4.2 Quantum chemical calculations

Calculations involving the 3,4-ethylenedioxythiophene hexamer EDOT+2(6) and the styrenesulfonate dimer SS−2(2) allowed the modelling of a bipolaron structure on the EDOT(6) chain.48 Optimized geometries of (a) neutral EDOT0(6), (b) dicationic EDOT+2(6), (c) protonated SS0(2), (d) dianionic SS−2(2), and (e) the complex structure EDOT+2(6):SS−2(2) are presented in Fig. 4. It follows from this figure that the optimized structures of (a) neutral EDOT0(6) and (b) dicationic EDOT+2(6) are linear and nearly planar. Neutral protonated SS0(2) and dianionic SS−2(2) show similar relaxed structures (cf.Fig. 4c and d). In the case of EDOT+2(6):SS−2(2), the structure of EDOT+2(6) is bent in a concave manner to maximize the interaction with the anion SS−2(2) (see Fig. 4e). This indicates that PEDOT and PSS are not oriented parallel to each other. It should be noted that the degree of concavity is, among other effects, influenced by the length of the EDOT oligomer.49 The bent concave structure and overall view of the relaxed structure consisting of the dicationic hexamer EDOT+2(6) and the dianionic hexamer SS−2(6) are shown in Fig. 5. Here, both the EDOT and the SS oligomer chains are visible.
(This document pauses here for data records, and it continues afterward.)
-- ===== src/Schema/BlockRuns.antt =====
-- Runs of the index root, the dictionaries and the documents of src/schema.rs at concrete values.
use qzt.Base.{ℕ, List, [], ◌∷◌, ◌≡◌, refl, replicate, arith, ◌↔◌}
use qzt.Base.Utf8.{is_utf8}
use qzt.Error.{ok}
use qzt.Primitives.{usize_to_u64, u64_to_usize}
use qzt.Cbor.{compare_bytes}
use qzt.Cbor.Parser.{
  validate_deterministic, validate_deterministic_with_limits, parse_value, parse_major,
}
use qzt.Cbor.Parser.{read_u8, read_exact, read_argument, read_len, consume_allocation, parse_text}
use qzt.Cbor.Parser.{parse_payload, parse_array, parse_values, parse_map, parse_entries, check_key}
use qzt.Cbor.Parser.{parse_unsigned, read_wide, parse_bytes, parse_simple}
use qzt.Cbor.Schema.{is_text, has_key, contains}
use qzt.Schema.{from_raw_bytes, field, as_map, required_map, as_text, required_text, as_u64}
use qzt.Schema.{required_u64_with_overflow, required_u64, as_bstr, required_bstr, check_allowed}
use qzt.Schema.{reject_unknown_keys, required_checksum, expect_text_field, is_version}
use qzt.Schema.{
  expect_version_field, decode_prologue, as_array, required_array, as_bool, required_bool,
}
use qzt.Schema.{bool_eq, expect_bool_field, as_bytes, required_bytes, Checksum}
use qzt.Schema.Words
use qzt.Schema.IndexRoot.{decode as decode_root}
use qzt.Schema.Documents.{decode as decode_index}
use qzt.Cbor.{integer_argument}
use qzt.Cbor.Usage.{
  CborUsage, measure_value, measure_entries, measure_values, measure_payload, add_usage,
}
use qzt.Cbor.Usage.{charge_key, enforce_usage, head_len}
use qzt.Limits.{default_limits, cbor_limits}
use qzt.Schema.{checksum_value, u64_value, version_value}
use qzt.Schema.Words.{word_blake3}
use qzt.Schema.IndexRoot.{IndexRoot, chunk_table, new_block, decode_blocks, count_chunk_tables}
use qzt.Schema.IndexRoot.{
  check_count, build_root, decode_block_descriptor, build_block, is_chunk_table, checksum_eq,
}
use qzt.Schema.IndexRoot.Accepted.{IsIndexRoot, decode-IsIndexRoot}
use qzt.Schema.Dictionary.{
  DictionaryBlock, decode_with_limits, decode_entries, decode_dictionary_entry,
}
use qzt.Schema.Dictionary.{u64_to_u32, is_seen, digest}
use qzt.Schema.Dictionary.Accepted.{IsDictionaryBlock, decode_with_limits-IsDictionaryBlock}
use qzt.Schema.Documents.{DocumentEntry, DocumentIndex, new_document, decode_documents}
use qzt.Schema.Documents.{
  decode_document_entry, build_document, map_error, validate_unique_doc_ids, check_unique,
}
use qzt.Schema.Documents.{
  validate_for_writer, charge_documents, value_with_documents, document_entry_value,
}
use qzt.Schema.Documents.{document_values}
use qzt.Schema.Documents.Accepted.{
  IsDocumentIndex, DistinctDocuments, decode-IsDocumentIndex, validate_unique_doc_ids_iff,
}
use qzt.Schema.Documents.Budget.{WithinBudget, validate_for_writer_lem}

-- A stand-in for the digest of the third-party blake3.
abbrev sevens : List ℕ → List ℕ
sevens input = replicate 32 7

abbrev sum : Checksum
sum = record { algorithm = word_blake3; value = replicate 32 7 }

abbrev root : IndexRoot
root = record {
  container_id = replicate 16 9;
  blocks = chunk_table 500 0 sum ∷ [];
  original_size = 0;
  original_checksum = sum;
  chunk_count = 0;
  line_count = 0;
}

abbrev root_bytes : List ℕ
root_bytes =
    165 ∷ 102 ∷ 98 ∷ 108 ∷ 111 ∷ 99 ∷ 107 ∷ 115 ∷ 129 ∷ 167 ∷ 100 ∷ 115 ∷ 105 ∷ 122 ∷ 101 ∷ 0 ∷ 100
    ∷ 116 ∷ 121 ∷ 112 ∷ 101 ∷ 107 ∷ 99 ∷ 104 ∷ 117 ∷ 110 ∷ 107 ∷ 95 ∷ 116 ∷ 97 ∷ 98 ∷ 108 ∷ 101
    ∷ 101 ∷ 99 ∷ 111 ∷ 100 ∷ 101 ∷ 99 ∷ 113 ∷ 113 ∷ 122 ∷ 116 ∷ 45 ∷ 99 ∷ 116 ∷ 98 ∷ 108 ∷ 45 ∷ 102
    ∷ 105 ∷ 120 ∷ 101 ∷ 100 ∷ 45 ∷ 118 ∷ 49 ∷ 101 ∷ 102 ∷ 108 ∷ 97 ∷ 103 ∷ 115 ∷ 0 ∷ 102 ∷ 111 ∷ 102
    ∷ 102 ∷ 115 ∷ 101 ∷ 116 ∷ 25 ∷ 1 ∷ 244 ∷ 104 ∷ 99 ∷ 104 ∷ 101 ∷ 99 ∷ 107 ∷ 115 ∷ 117 ∷ 109 ∷ 162
    ∷ 101 ∷ 118 ∷ 97 ∷ 108 ∷ 117 ∷ 101 ∷ 88 ∷ 32 ∷ 7 ∷ 7 ∷ 7 ∷ 7 ∷ 7 ∷ 7 ∷ 7 ∷ 7 ∷ 7 ∷ 7 ∷ 7 ∷ 7 ∷ 7
    ∷ 7 ∷ 7 ∷ 7 ∷ 7 ∷ 7 ∷ 7 ∷ 7 ∷ 7 ∷ 7 ∷ 7 ∷ 7 ∷ 7 ∷ 7 ∷ 7 ∷ 7 ∷ 7 ∷ 7 ∷ 7 ∷ 7 ∷ 105 ∷ 97 ∷ 108
    ∷ 103 ∷ 111 ∷ 114 ∷ 105 ∷ 116 ∷ 104 ∷ 109 ∷ 102 ∷ 98 ∷ 108 ∷ 97 ∷ 107 ∷ 101 ∷ 51 ∷ 104 ∷ 114
    ∷ 101 ∷ 113 ∷ 117 ∷ 105 ∷ 114 ∷ 101 ∷ 100 ∷ 245 ∷ 102 ∷ 115 ∷ 99 ∷ 104 ∷ 101 ∷ 109 ∷ 97 ∷ 113
    ∷ 113 ∷ 122 ∷ 116 ∷ 46 ∷ 105 ∷ 110 ∷ 100 ∷ 101 ∷ 120 ∷ 45 ∷ 114 ∷ 111 ∷ 111 ∷ 116 ∷ 46 ∷ 118
    ∷ 49 ∷ 103 ∷ 99 ∷ 111 ∷ 110 ∷ 116 ∷ 101 ∷ 110 ∷ 116 ∷ 164 ∷ 106 ∷ 108 ∷ 105 ∷ 110 ∷ 101 ∷ 95
    ∷ 99 ∷ 111 ∷ 117 ∷ 110 ∷ 116 ∷ 0 ∷ 107 ∷ 99 ∷ 104 ∷ 117 ∷ 110 ∷ 107 ∷ 95 ∷ 99 ∷ 111 ∷ 117 ∷ 110
    ∷ 116 ∷ 0 ∷ 109 ∷ 111 ∷ 114 ∷ 105 ∷ 103 ∷ 105 ∷ 110 ∷ 97 ∷ 108 ∷ 95 ∷ 115 ∷ 105 ∷ 122 ∷ 101 ∷ 0
    ∷ 113 ∷ 111 ∷ 114 ∷ 105 ∷ 103 ∷ 105 ∷ 110 ∷ 97 ∷ 108 ∷ 95 ∷ 99 ∷ 104 ∷ 101 ∷ 99 ∷ 107 ∷ 115
    ∷ 117 ∷ 109 ∷ 162 ∷ 101 ∷ 118 ∷ 97 ∷ 108 ∷ 117 ∷ 101 ∷ 88 ∷ 32 ∷ 7 ∷ 7 ∷ 7 ∷ 7 ∷ 7 ∷ 7 ∷ 7 ∷ 7
    ∷ 7 ∷ 7 ∷ 7 ∷ 7 ∷ 7 ∷ 7 ∷ 7 ∷ 7 ∷ 7 ∷ 7 ∷ 7 ∷ 7 ∷ 7 ∷ 7 ∷ 7 ∷ 7 ∷ 7 ∷ 7 ∷ 7 ∷ 7 ∷ 7 ∷ 7 ∷ 7 ∷ 7
    ∷ 105 ∷ 97 ∷ 108 ∷ 103 ∷ 111 ∷ 114 ∷ 105 ∷ 116 ∷ 104 ∷ 109 ∷ 102 ∷ 98 ∷ 108 ∷ 97 ∷ 107 ∷ 101
    ∷ 51 ∷ 108 ∷ 99 ∷ 111 ∷ 110 ∷ 116 ∷ 97 ∷ 105 ∷ 110 ∷ 101 ∷ 114 ∷ 95 ∷ 105 ∷ 100 ∷ 80 ∷ 9 ∷ 9 ∷ 9
    ∷ 9 ∷ 9 ∷ 9 ∷ 9 ∷ 9 ∷ 9 ∷ 9 ∷ 9 ∷ 9 ∷ 9 ∷ 9 ∷ 9 ∷ 9 ∷ 110 ∷ 102 ∷ 111 ∷ 114 ∷ 109 ∷ 97 ∷ 116
    ∷ 95 ∷ 118 ∷ 101 ∷ 114 ∷ 115 ∷ 105 ∷ 111 ∷ 110 ∷ 130 ∷ 0 ∷ 1 ∷ []

root_decodes : decode_root root_bytes ≡ ok root
unfolding decode_prologue validate_deterministic validate_deterministic_with_limits parse_value
    parse_major read_u8 read_exact read_argument read_len consume_allocation parse_text
    parse_payload parse_array parse_values parse_map parse_entries check_key parse_unsigned
    read_wide parse_bytes compare_bytes is_utf8 usize_to_u64 u64_to_usize is_text has_key contains
    from_raw_bytes field as_map required_map as_text required_text as_u64 required_u64_with_overflow
    required_u64 as_bstr required_bstr check_allowed reject_unknown_keys required_checksum
    expect_text_field is_version expect_version_field as_array required_array as_bool required_bool
    bool_eq expect_bool_field parse_simple decode_root chunk_table new_block decode_blocks
    count_chunk_tables check_count build_root decode_block_descriptor build_block is_chunk_table
root_decodes = refl

decode-IsIndexRoot_example : IsIndexRoot root
decode-IsIndexRoot_example = decode-IsIndexRoot root_bytes root root_decodes

abbrev dictionaries : DictionaryBlock
dictionaries = record {
  container_id = replicate 16 9;
  dictionaries =
      record { dictionary_id = 1; codec = Words.word_zstd; bytes = 1 ∷ 2 ∷ []; checksum = sum }
      ∷ record { dictionary_id = 2; codec = Words.word_zstd; bytes = 3 ∷ []; checksum = sum }
      ∷ [];
}

abbrev dictionaries_bytes : List ℕ
dictionaries_bytes =
    164 ∷ 102 ∷ 115 ∷ 99 ∷ 104 ∷ 101 ∷ 109 ∷ 97 ∷ 113 ∷ 113 ∷ 122 ∷ 116 ∷ 46 ∷ 100 ∷ 105 ∷ 99 ∷ 116
    ∷ 105 ∷ 111 ∷ 110 ∷ 97 ∷ 114 ∷ 121 ∷ 46 ∷ 118 ∷ 49 ∷ 108 ∷ 99 ∷ 111 ∷ 110 ∷ 116 ∷ 97 ∷ 105 ∷ 110
    ∷ 101 ∷ 114 ∷ 95 ∷ 105 ∷ 100 ∷ 80 ∷ 9 ∷ 9 ∷ 9 ∷ 9 ∷ 9 ∷ 9 ∷ 9 ∷ 9 ∷ 9 ∷ 9 ∷ 9 ∷ 9 ∷ 9 ∷ 9 ∷ 9
    ∷ 9 ∷ 108 ∷ 100 ∷ 105 ∷ 99 ∷ 116 ∷ 105 ∷ 111 ∷ 110 ∷ 97 ∷ 114 ∷ 105 ∷ 101 ∷ 115 ∷ 130 ∷ 164
    ∷ 101 ∷ 98 ∷ 121 ∷ 116 ∷ 101 ∷ 115 ∷ 66 ∷ 1 ∷ 2 ∷ 101 ∷ 99 ∷ 111 ∷ 100 ∷ 101 ∷ 99 ∷ 100 ∷ 122
    ∷ 115 ∷ 116 ∷ 100 ∷ 104 ∷ 99 ∷ 104 ∷ 101 ∷ 99 ∷ 107 ∷ 115 ∷ 117 ∷ 109 ∷ 162 ∷ 101 ∷ 118 ∷ 97
    ∷ 108 ∷ 117 ∷ 101 ∷ 88 ∷ 32 ∷ 7 ∷ 7 ∷ 7 ∷ 7 ∷ 7 ∷ 7 ∷ 7 ∷ 7 ∷ 7 ∷ 7 ∷ 7 ∷ 7 ∷ 7 ∷ 7 ∷ 7 ∷ 7 ∷ 7
    ∷ 7 ∷ 7 ∷ 7 ∷ 7 ∷ 7 ∷ 7 ∷ 7 ∷ 7 ∷ 7 ∷ 7 ∷ 7 ∷ 7 ∷ 7 ∷ 7 ∷ 7 ∷ 105 ∷ 97 ∷ 108 ∷ 103 ∷ 111 ∷ 114
    ∷ 105 ∷ 116 ∷ 104 ∷ 109 ∷ 102 ∷ 98 ∷ 108 ∷ 97 ∷ 107 ∷ 101 ∷ 51 ∷ 109 ∷ 100 ∷ 105 ∷ 99 ∷ 116
    ∷ 105 ∷ 111 ∷ 110 ∷ 97 ∷ 114 ∷ 121 ∷ 95 ∷ 105 ∷ 100 ∷ 1 ∷ 164 ∷ 101 ∷ 98 ∷ 121 ∷ 116 ∷ 101 ∷ 115
    ∷ 65 ∷ 3 ∷ 101 ∷ 99 ∷ 111 ∷ 100 ∷ 101 ∷ 99 ∷ 100 ∷ 122 ∷ 115 ∷ 116 ∷ 100 ∷ 104 ∷ 99 ∷ 104 ∷ 101
    ∷ 99 ∷ 107 ∷ 115 ∷ 117 ∷ 109 ∷ 162 ∷ 101 ∷ 118 ∷ 97 ∷ 108 ∷ 117 ∷ 101 ∷ 88 ∷ 32 ∷ 7 ∷ 7 ∷ 7 ∷ 7
    ∷ 7 ∷ 7 ∷ 7 ∷ 7 ∷ 7 ∷ 7 ∷ 7 ∷ 7 ∷ 7 ∷ 7 ∷ 7 ∷ 7 ∷ 7 ∷ 7 ∷ 7 ∷ 7 ∷ 7 ∷ 7 ∷ 7 ∷ 7 ∷ 7 ∷ 7 ∷ 7 ∷ 7
    ∷ 7 ∷ 7 ∷ 7 ∷ 7 ∷ 105 ∷ 97 ∷ 108 ∷ 103 ∷ 111 ∷ 114 ∷ 105 ∷ 116 ∷ 104 ∷ 109 ∷ 102 ∷ 98 ∷ 108 ∷ 97
    ∷ 107 ∷ 101 ∷ 51 ∷ 109 ∷ 100 ∷ 105 ∷ 99 ∷ 116 ∷ 105 ∷ 111 ∷ 110 ∷ 97 ∷ 114 ∷ 121 ∷ 95 ∷ 105
    ∷ 100 ∷ 2 ∷ 110 ∷ 102 ∷ 111 ∷ 114 ∷ 109 ∷ 97 ∷ 116 ∷ 95 ∷ 118 ∷ 101 ∷ 114 ∷ 115 ∷ 105 ∷ 111
    ∷ 110 ∷ 130 ∷ 0 ∷ 1 ∷ []

dictionaries_decode : decode_with_limits sevens dictionaries_bytes 16 ≡ ok dictionaries
unfolding decode_prologue validate_deterministic validate_deterministic_with_limits parse_value
    parse_major read_u8 read_exact read_argument read_len consume_allocation parse_text
    parse_payload parse_array parse_values parse_map parse_entries check_key parse_unsigned
    read_wide parse_bytes compare_bytes is_utf8 usize_to_u64 u64_to_usize is_text has_key contains
    from_raw_bytes field as_map required_map as_text required_text as_u64 required_u64_with_overflow
    required_u64 as_bstr required_bstr check_allowed reject_unknown_keys required_checksum
    expect_text_field is_version expect_version_field as_array required_array as_bool required_bool
    bool_eq expect_bool_field decode_with_limits decode_entries decode_dictionary_entry u64_to_u32
    is_seen digest as_bytes required_bytes checksum_eq
dictionaries_decode = refl

decode_with_limits-IsDictionaryBlock_example : IsDictionaryBlock sevens 16 dictionaries
decode_with_limits-IsDictionaryBlock_example =
    decode_with_limits-IsDictionaryBlock sevens dictionaries_bytes 16 dictionaries
      dictionaries_decode

abbrev document : ℕ → DocumentEntry
document letter = new_document sevens (letter ∷ []) 0 5 0 1 0 1 sum

abbrev index : DocumentIndex
index = record { container_id = replicate 16 9; documents = document b'a' ∷ document b'b' ∷ [] }

abbrev index_bytes : List ℕ
index_bytes =
    164 ∷ 102 ∷ 115 ∷ 99 ∷ 104 ∷ 101 ∷ 109 ∷ 97 ∷ 117 ∷ 113 ∷ 122 ∷ 116 ∷ 46 ∷ 100 ∷ 111 ∷ 99 ∷ 117
    ∷ 109 ∷ 101 ∷ 110 ∷ 116 ∷ 45 ∷ 105 ∷ 110 ∷ 100 ∷ 101 ∷ 120 ∷ 46 ∷ 118 ∷ 49 ∷ 105 ∷ 100 ∷ 111
    ∷ 99 ∷ 117 ∷ 109 ∷ 101 ∷ 110 ∷ 116 ∷ 115 ∷ 130 ∷ 170 ∷ 102 ∷ 100 ∷ 111 ∷ 99 ∷ 95 ∷ 105 ∷ 100
    ∷ 97 ∷ 97 ∷ 104 ∷ 99 ∷ 104 ∷ 101 ∷ 99 ∷ 107 ∷ 115 ∷ 117 ∷ 109 ∷ 162 ∷ 101 ∷ 118 ∷ 97 ∷ 108 ∷ 117
    ∷ 101 ∷ 88 ∷ 32 ∷ 7 ∷ 7 ∷ 7 ∷ 7 ∷ 7 ∷ 7 ∷ 7 ∷ 7 ∷ 7 ∷ 7 ∷ 7 ∷ 7 ∷ 7 ∷ 7 ∷ 7 ∷ 7 ∷ 7 ∷ 7 ∷ 7 ∷ 7
    ∷ 7 ∷ 7 ∷ 7 ∷ 7 ∷ 7 ∷ 7 ∷ 7 ∷ 7 ∷ 7 ∷ 7 ∷ 7 ∷ 7 ∷ 105 ∷ 97 ∷ 108 ∷ 103 ∷ 111 ∷ 114 ∷ 105 ∷ 116
    ∷ 104 ∷ 109 ∷ 102 ∷ 98 ∷ 108 ∷ 97 ∷ 107 ∷ 101 ∷ 51 ∷ 104 ∷ 109 ∷ 101 ∷ 116 ∷ 97 ∷ 100 ∷ 97 ∷ 116
    ∷ 97 ∷ 160 ∷ 105 ∷ 99 ∷ 104 ∷ 117 ∷ 110 ∷ 107 ∷ 95 ∷ 101 ∷ 110 ∷ 100 ∷ 1 ∷ 106 ∷ 102 ∷ 105 ∷ 114
    ∷ 115 ∷ 116 ∷ 95 ∷ 108 ∷ 105 ∷ 110 ∷ 101 ∷ 0 ∷ 106 ∷ 108 ∷ 105 ∷ 110 ∷ 101 ∷ 95 ∷ 99 ∷ 111 ∷ 117
    ∷ 110 ∷ 116 ∷ 1 ∷ 107 ∷ 98 ∷ 121 ∷ 116 ∷ 101 ∷ 95 ∷ 108 ∷ 101 ∷ 110 ∷ 103 ∷ 116 ∷ 104 ∷ 5 ∷ 107
    ∷ 99 ∷ 104 ∷ 117 ∷ 110 ∷ 107 ∷ 95 ∷ 115 ∷ 116 ∷ 97 ∷ 114 ∷ 116 ∷ 0 ∷ 107 ∷ 100 ∷ 111 ∷ 99 ∷ 95
    ∷ 105 ∷ 100 ∷ 95 ∷ 104 ∷ 97 ∷ 115 ∷ 104 ∷ 80 ∷ 7 ∷ 7 ∷ 7 ∷ 7 ∷ 7 ∷ 7 ∷ 7 ∷ 7 ∷ 7 ∷ 7 ∷ 7 ∷ 7 ∷ 7
    ∷ 7 ∷ 7 ∷ 7 ∷ 110 ∷ 108 ∷ 111 ∷ 103 ∷ 105 ∷ 99 ∷ 97 ∷ 108 ∷ 95 ∷ 111 ∷ 102 ∷ 102 ∷ 115 ∷ 101
    ∷ 116 ∷ 0 ∷ 170 ∷ 102 ∷ 100 ∷ 111 ∷ 99 ∷ 95 ∷ 105 ∷ 100 ∷ 97 ∷ 98 ∷ 104 ∷ 99 ∷ 104 ∷ 101 ∷ 99
    ∷ 107 ∷ 115 ∷ 117 ∷ 109 ∷ 162 ∷ 101 ∷ 118 ∷ 97 ∷ 108 ∷ 117 ∷ 101 ∷ 88 ∷ 32 ∷ 7 ∷ 7 ∷ 7 ∷ 7 ∷ 7
    ∷ 7 ∷ 7 ∷ 7 ∷ 7 ∷ 7 ∷ 7 ∷ 7 ∷ 7 ∷ 7 ∷ 7 ∷ 7 ∷ 7 ∷ 7 ∷ 7 ∷ 7 ∷ 7 ∷ 7 ∷ 7 ∷ 7 ∷ 7 ∷ 7 ∷ 7 ∷ 7 ∷ 7
    ∷ 7 ∷ 7 ∷ 7 ∷ 105 ∷ 97 ∷ 108 ∷ 103 ∷ 111 ∷ 114 ∷ 105 ∷ 116 ∷ 104 ∷ 109 ∷ 102 ∷ 98 ∷ 108 ∷ 97
    ∷ 107 ∷ 101 ∷ 51 ∷ 104 ∷ 109 ∷ 101 ∷ 116 ∷ 97 ∷ 100 ∷ 97 ∷ 116 ∷ 97 ∷ 160 ∷ 105 ∷ 99 ∷ 104 ∷ 117
    ∷ 110 ∷ 107 ∷ 95 ∷ 101 ∷ 110 ∷ 100 ∷ 1 ∷ 106 ∷ 102 ∷ 105 ∷ 114 ∷ 115 ∷ 116 ∷ 95 ∷ 108 ∷ 105
    ∷ 110 ∷ 101 ∷ 0 ∷ 106 ∷ 108 ∷ 105 ∷ 110 ∷ 101 ∷ 95 ∷ 99 ∷ 111 ∷ 117 ∷ 110 ∷ 116 ∷ 1 ∷ 107 ∷ 98
    ∷ 121 ∷ 116 ∷ 101 ∷ 95 ∷ 108 ∷ 101 ∷ 110 ∷ 103 ∷ 116 ∷ 104 ∷ 5 ∷ 107 ∷ 99 ∷ 104 ∷ 117 ∷ 110
    ∷ 107 ∷ 95 ∷ 115 ∷ 116 ∷ 97 ∷ 114 ∷ 116 ∷ 0 ∷ 107 ∷ 100 ∷ 111 ∷ 99 ∷ 95 ∷ 105 ∷ 100 ∷ 95 ∷ 104
    ∷ 97 ∷ 115 ∷ 104 ∷ 80 ∷ 7 ∷ 7 ∷ 7 ∷ 7 ∷ 7 ∷ 7 ∷ 7 ∷ 7 ∷ 7 ∷ 7 ∷ 7 ∷ 7 ∷ 7 ∷ 7 ∷ 7 ∷ 7 ∷ 110
    ∷ 108 ∷ 111 ∷ 103 ∷ 105 ∷ 99 ∷ 97 ∷ 108 ∷ 95 ∷ 111 ∷ 102 ∷ 102 ∷ 115 ∷ 101 ∷ 116 ∷ 0 ∷ 108 ∷ 99
    ∷ 111 ∷ 110 ∷ 116 ∷ 97 ∷ 105 ∷ 110 ∷ 101 ∷ 114 ∷ 95 ∷ 105 ∷ 100 ∷ 80 ∷ 9 ∷ 9 ∷ 9 ∷ 9 ∷ 9 ∷ 9 ∷ 9
    ∷ 9 ∷ 9 ∷ 9 ∷ 9 ∷ 9 ∷ 9 ∷ 9 ∷ 9 ∷ 9 ∷ 110 ∷ 102 ∷ 111 ∷ 114 ∷ 109 ∷ 97 ∷ 116 ∷ 95 ∷ 118 ∷ 101
    ∷ 114 ∷ 115 ∷ 105 ∷ 111 ∷ 110 ∷ 130 ∷ 0 ∷ 1 ∷ []

index_decodes : decode_index index_bytes ≡ ok index
unfolding decode_prologue validate_deterministic validate_deterministic_with_limits parse_value
    parse_major read_u8 read_exact read_argument read_len consume_allocation parse_text
    parse_payload parse_array parse_values parse_map parse_entries check_key parse_unsigned
    read_wide parse_bytes compare_bytes is_utf8 usize_to_u64 u64_to_usize is_text has_key contains
    from_raw_bytes field as_map required_map as_text required_text as_u64 required_u64_with_overflow
    required_u64 as_bstr required_bstr check_allowed reject_unknown_keys required_checksum
    expect_text_field is_version expect_version_field as_array required_array as_bool required_bool
    bool_eq expect_bool_field decode_index decode_documents decode_document_entry build_document
    map_error validate_unique_doc_ids check_unique new_document
index_decodes = refl

decode-IsDocumentIndex_example : IsDocumentIndex index
decode-IsDocumentIndex_example = decode-IsDocumentIndex index_bytes index index_decodes

validate_unique_doc_ids_iff_example :
    (validate_unique_doc_ids index ≡ ok tt) ↔ DistinctDocuments index.documents
validate_unique_doc_ids_iff_example = validate_unique_doc_ids_iff index

index_within : validate_for_writer index default_limits ≡ ok tt
unfolding validate_for_writer charge_documents value_with_documents document_entry_value
    measure_value measure_entries measure_values measure_payload add_usage charge_key enforce_usage
    head_len usize_to_u64 cbor_limits checksum_value u64_value version_value new_document
    integer_argument
index_within = refl

validate_for_writer_lem_example :
    (usage : CborUsage) × (measure_value
        (value_with_documents index (document_values index.documents))
      ≡ ok usage)
    × WithinBudget default_limits usage
validate_for_writer_lem_example =
    validate_for_writer_lem index default_limits (omega arith) (omega arith) (omega arith)
      index_within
image file: d1cp03899k-f4.tif
Fig. 4 Geometries of optimized structures: (a) the neutral EDOT hexamer (EDOT0(6)), (b) the dication EDOT hexamer (EDOT+2(6)), (c) the protonated dimer (SS0(2)), (d) the dianion dimer (SS−2(2)), and (e) the complex of the dication hexamer EDOT+2(6) and the dianion dimer SS−2(2).

image file: d1cp03899k-f5.tif
Fig. 5 Geometry of the optimized complex structure consisting of the dication hexamer EDOT+2(6) and the dianion hexamer SS−2(6). Yellow spheres – sulphur, black spheres – carbon, red spheres – oxygen, grey spheres – hydrogen.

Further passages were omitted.